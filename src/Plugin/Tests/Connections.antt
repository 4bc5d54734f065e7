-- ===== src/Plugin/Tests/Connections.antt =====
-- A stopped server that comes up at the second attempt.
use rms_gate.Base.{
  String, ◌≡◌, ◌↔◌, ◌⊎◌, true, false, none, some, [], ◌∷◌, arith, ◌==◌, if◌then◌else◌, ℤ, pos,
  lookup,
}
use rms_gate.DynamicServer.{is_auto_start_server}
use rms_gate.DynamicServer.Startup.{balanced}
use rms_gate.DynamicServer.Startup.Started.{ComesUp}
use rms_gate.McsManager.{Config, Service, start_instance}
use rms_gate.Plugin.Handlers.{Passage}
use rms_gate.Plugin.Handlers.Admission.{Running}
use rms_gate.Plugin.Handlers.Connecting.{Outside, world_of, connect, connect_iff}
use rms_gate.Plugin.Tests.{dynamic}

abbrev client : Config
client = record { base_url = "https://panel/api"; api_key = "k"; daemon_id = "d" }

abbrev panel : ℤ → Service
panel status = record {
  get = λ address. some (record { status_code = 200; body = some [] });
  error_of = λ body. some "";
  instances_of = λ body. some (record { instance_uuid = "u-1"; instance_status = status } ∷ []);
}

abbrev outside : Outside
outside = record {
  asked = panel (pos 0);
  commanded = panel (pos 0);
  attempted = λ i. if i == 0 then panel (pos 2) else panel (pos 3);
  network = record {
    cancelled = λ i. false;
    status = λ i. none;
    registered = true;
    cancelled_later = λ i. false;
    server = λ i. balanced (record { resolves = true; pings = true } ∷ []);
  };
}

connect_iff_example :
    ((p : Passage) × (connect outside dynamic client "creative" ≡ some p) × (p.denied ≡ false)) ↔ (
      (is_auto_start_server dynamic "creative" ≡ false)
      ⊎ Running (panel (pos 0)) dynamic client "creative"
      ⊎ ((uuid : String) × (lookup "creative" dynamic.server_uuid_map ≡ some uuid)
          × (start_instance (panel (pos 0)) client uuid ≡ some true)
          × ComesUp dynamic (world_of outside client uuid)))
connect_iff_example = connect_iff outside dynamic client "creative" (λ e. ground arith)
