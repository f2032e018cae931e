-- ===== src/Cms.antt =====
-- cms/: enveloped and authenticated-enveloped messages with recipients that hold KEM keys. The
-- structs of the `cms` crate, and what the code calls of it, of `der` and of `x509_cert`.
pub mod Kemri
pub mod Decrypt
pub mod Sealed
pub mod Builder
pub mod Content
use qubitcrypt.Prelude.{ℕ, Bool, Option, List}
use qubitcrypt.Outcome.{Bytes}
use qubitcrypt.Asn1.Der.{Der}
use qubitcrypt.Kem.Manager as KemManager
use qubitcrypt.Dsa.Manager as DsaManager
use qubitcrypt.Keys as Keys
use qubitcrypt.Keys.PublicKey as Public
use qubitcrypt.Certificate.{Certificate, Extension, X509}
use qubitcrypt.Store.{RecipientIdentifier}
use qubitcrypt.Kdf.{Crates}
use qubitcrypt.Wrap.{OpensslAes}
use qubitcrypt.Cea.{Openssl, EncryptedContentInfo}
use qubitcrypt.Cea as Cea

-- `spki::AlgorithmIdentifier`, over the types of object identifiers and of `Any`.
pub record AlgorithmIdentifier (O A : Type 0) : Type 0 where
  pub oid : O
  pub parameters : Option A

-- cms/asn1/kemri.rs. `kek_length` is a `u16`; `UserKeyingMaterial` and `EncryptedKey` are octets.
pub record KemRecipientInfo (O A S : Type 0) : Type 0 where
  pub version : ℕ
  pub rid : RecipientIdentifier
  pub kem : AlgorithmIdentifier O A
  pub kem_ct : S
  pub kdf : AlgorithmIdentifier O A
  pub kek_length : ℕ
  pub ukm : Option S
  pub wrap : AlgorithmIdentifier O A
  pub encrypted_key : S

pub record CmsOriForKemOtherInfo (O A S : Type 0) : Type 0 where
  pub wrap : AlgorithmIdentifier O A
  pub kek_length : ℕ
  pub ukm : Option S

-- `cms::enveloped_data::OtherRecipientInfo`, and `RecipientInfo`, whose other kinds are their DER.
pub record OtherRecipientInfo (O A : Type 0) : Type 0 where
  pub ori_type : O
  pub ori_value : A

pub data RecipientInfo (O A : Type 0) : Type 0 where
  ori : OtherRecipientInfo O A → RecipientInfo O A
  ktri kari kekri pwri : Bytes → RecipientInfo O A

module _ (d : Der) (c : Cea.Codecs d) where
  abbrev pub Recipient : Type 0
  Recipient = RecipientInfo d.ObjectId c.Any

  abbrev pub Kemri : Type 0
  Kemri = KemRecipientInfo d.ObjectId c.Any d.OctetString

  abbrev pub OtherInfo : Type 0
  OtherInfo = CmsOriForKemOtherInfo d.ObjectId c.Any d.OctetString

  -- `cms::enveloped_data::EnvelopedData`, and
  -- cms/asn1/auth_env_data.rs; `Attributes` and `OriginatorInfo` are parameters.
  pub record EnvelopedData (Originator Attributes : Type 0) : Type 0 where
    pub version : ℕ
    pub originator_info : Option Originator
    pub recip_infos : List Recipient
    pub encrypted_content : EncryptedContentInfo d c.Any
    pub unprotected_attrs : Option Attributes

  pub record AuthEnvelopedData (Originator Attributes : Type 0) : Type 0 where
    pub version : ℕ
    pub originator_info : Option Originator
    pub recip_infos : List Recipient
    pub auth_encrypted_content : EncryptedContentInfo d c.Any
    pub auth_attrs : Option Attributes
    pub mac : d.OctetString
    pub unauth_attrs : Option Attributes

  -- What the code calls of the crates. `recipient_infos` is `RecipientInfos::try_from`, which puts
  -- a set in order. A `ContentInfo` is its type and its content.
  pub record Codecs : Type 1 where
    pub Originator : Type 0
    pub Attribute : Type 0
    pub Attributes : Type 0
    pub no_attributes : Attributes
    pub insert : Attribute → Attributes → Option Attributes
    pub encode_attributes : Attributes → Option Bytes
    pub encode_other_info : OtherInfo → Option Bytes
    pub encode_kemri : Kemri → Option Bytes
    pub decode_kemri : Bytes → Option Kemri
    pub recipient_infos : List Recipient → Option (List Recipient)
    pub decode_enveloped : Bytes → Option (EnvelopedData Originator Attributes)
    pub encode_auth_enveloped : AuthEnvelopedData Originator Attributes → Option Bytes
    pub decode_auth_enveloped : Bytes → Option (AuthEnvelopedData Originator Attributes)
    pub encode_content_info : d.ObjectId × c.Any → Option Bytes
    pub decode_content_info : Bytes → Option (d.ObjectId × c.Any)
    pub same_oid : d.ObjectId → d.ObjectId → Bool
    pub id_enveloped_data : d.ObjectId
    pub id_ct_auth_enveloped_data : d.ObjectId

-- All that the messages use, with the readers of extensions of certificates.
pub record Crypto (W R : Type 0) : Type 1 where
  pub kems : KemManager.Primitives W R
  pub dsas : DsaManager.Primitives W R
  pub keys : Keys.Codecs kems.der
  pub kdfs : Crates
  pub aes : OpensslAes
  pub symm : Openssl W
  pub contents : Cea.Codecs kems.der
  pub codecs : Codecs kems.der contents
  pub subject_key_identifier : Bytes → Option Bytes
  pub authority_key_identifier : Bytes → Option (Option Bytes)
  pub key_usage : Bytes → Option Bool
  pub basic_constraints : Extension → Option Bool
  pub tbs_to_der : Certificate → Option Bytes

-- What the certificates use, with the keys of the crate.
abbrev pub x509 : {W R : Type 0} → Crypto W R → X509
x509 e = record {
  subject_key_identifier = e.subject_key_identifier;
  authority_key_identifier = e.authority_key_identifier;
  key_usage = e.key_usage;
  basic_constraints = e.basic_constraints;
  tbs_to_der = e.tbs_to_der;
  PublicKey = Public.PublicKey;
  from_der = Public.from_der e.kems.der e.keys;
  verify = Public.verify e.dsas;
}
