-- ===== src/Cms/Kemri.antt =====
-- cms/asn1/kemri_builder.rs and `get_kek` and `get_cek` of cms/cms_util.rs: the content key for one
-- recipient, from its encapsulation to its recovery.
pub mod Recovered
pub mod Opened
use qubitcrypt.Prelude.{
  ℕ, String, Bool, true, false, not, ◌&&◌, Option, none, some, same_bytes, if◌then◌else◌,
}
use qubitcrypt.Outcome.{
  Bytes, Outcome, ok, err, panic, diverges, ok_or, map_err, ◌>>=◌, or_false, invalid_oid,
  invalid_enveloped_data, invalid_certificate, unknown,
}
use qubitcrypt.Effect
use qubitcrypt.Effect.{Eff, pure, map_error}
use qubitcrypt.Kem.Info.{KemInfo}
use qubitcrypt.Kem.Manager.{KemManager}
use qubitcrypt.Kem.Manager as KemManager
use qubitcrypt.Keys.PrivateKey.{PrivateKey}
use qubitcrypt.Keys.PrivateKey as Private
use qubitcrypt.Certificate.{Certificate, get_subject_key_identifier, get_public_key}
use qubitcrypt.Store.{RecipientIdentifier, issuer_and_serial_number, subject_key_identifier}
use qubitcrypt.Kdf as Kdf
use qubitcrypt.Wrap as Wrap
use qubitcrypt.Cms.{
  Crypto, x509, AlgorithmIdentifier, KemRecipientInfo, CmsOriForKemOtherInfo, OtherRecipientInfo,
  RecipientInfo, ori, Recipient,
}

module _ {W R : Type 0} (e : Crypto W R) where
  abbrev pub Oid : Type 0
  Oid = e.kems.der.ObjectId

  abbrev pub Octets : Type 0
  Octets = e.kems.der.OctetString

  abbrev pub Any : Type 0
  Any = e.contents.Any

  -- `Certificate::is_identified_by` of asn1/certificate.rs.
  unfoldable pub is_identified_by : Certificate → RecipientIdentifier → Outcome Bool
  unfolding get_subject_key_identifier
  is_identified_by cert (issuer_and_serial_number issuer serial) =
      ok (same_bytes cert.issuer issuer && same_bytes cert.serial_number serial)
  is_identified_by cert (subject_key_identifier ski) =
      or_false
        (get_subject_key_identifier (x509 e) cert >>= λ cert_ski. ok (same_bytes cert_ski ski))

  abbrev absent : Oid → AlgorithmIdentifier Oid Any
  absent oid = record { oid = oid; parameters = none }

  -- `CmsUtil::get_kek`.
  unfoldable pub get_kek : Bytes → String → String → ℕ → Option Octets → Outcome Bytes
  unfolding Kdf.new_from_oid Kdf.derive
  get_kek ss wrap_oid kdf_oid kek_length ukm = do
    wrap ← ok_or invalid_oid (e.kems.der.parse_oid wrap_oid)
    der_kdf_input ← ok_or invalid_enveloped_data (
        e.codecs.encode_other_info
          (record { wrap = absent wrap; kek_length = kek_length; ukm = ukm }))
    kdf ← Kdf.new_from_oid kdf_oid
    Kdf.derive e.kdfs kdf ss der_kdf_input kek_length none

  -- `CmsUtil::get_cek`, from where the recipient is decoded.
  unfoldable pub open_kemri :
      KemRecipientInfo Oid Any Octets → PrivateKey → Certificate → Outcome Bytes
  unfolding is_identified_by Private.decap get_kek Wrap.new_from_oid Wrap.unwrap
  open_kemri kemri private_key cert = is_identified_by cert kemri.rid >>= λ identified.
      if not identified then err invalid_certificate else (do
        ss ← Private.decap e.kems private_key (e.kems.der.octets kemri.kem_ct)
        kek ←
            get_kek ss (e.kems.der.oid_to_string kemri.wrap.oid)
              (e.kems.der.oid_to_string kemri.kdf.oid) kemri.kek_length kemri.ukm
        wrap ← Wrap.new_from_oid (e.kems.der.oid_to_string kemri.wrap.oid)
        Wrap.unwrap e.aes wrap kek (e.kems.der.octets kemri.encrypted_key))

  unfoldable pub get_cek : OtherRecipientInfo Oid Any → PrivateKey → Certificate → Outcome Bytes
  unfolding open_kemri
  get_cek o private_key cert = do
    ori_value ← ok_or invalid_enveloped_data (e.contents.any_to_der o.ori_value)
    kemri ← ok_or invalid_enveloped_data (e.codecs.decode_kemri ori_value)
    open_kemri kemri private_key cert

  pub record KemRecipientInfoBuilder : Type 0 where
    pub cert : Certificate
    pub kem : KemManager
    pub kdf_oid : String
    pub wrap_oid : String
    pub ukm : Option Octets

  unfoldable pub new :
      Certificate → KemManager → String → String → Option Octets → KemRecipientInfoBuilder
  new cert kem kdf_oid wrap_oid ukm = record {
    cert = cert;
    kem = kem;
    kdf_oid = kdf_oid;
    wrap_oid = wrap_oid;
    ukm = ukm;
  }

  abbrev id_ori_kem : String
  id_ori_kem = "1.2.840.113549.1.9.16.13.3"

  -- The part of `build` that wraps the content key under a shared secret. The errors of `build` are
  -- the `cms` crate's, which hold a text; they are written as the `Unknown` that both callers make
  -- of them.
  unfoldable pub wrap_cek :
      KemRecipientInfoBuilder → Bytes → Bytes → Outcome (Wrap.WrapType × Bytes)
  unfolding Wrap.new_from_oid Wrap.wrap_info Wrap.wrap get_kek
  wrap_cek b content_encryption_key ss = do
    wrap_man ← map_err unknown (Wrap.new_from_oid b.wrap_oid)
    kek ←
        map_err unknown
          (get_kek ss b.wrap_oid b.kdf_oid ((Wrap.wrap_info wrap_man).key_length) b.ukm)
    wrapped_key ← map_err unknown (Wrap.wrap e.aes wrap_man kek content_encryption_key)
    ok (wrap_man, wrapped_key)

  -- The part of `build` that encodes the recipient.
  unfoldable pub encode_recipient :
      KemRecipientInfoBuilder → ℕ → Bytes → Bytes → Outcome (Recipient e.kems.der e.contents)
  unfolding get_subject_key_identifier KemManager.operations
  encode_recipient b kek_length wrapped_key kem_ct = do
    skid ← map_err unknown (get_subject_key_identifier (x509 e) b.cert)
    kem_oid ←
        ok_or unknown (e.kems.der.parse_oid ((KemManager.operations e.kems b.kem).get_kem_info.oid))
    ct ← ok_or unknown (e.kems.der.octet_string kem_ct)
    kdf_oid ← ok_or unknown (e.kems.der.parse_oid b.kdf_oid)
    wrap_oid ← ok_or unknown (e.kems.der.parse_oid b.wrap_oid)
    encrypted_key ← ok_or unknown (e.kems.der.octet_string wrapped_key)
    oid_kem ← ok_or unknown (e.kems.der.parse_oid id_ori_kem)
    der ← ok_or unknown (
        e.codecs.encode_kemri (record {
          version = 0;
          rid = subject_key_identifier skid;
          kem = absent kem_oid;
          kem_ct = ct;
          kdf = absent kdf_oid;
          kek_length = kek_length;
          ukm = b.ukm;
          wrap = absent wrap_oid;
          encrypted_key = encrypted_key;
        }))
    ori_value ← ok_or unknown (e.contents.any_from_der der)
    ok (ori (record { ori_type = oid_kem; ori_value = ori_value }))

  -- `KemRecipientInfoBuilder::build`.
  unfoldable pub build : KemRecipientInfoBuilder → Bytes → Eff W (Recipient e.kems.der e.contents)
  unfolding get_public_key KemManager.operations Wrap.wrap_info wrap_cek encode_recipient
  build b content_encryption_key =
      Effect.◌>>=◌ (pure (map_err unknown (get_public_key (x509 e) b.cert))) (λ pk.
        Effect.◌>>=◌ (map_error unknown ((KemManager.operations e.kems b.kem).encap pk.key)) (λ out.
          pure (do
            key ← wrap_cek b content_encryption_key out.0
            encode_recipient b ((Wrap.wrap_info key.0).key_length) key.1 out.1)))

________

Look above for the line holding "pub auth_attrs : Option Attributes", then set down exactly that line and every line after it up to and including the line holding "pub decode_auth_enveloped : Bytes", with nothing else.

◆ TASK SOLUTION:
    pub auth_attrs : Option Attributes
    pub mac : d.OctetString
    pub unauth_attrs : Option Attributes

  -- What the code calls of the crates. `recipient_infos` is `RecipientInfos::try_from`, which puts
  -- a set in order. A `ContentInfo` is its type and its content.
  pub record Codecs : Type 1 where
    pub Originator : Type 0
    pub Attribute : Type 0
    pub Attributes : Type 0
    pub no_attributes : Attributes
    pub insert : Attribute → Attributes → Option Attributes
    pub encode_attributes : Attributes → Option Bytes
    pub encode_other_info : OtherInfo → Option Bytes
    pub encode_kemri : Kemri → Option Bytes
    pub decode_kemri : Bytes → Option Kemri
    pub recipient_infos : List Recipient → Option (List Recipient)
    pub decode_enveloped : Bytes → Option (EnvelopedData Originator Attributes)
    pub encode_auth_enveloped : AuthEnvelopedData Originator Attributes → Option Bytes
    pub decode_auth_enveloped : Bytes → Option (AuthEnvelopedData Originator Attributes)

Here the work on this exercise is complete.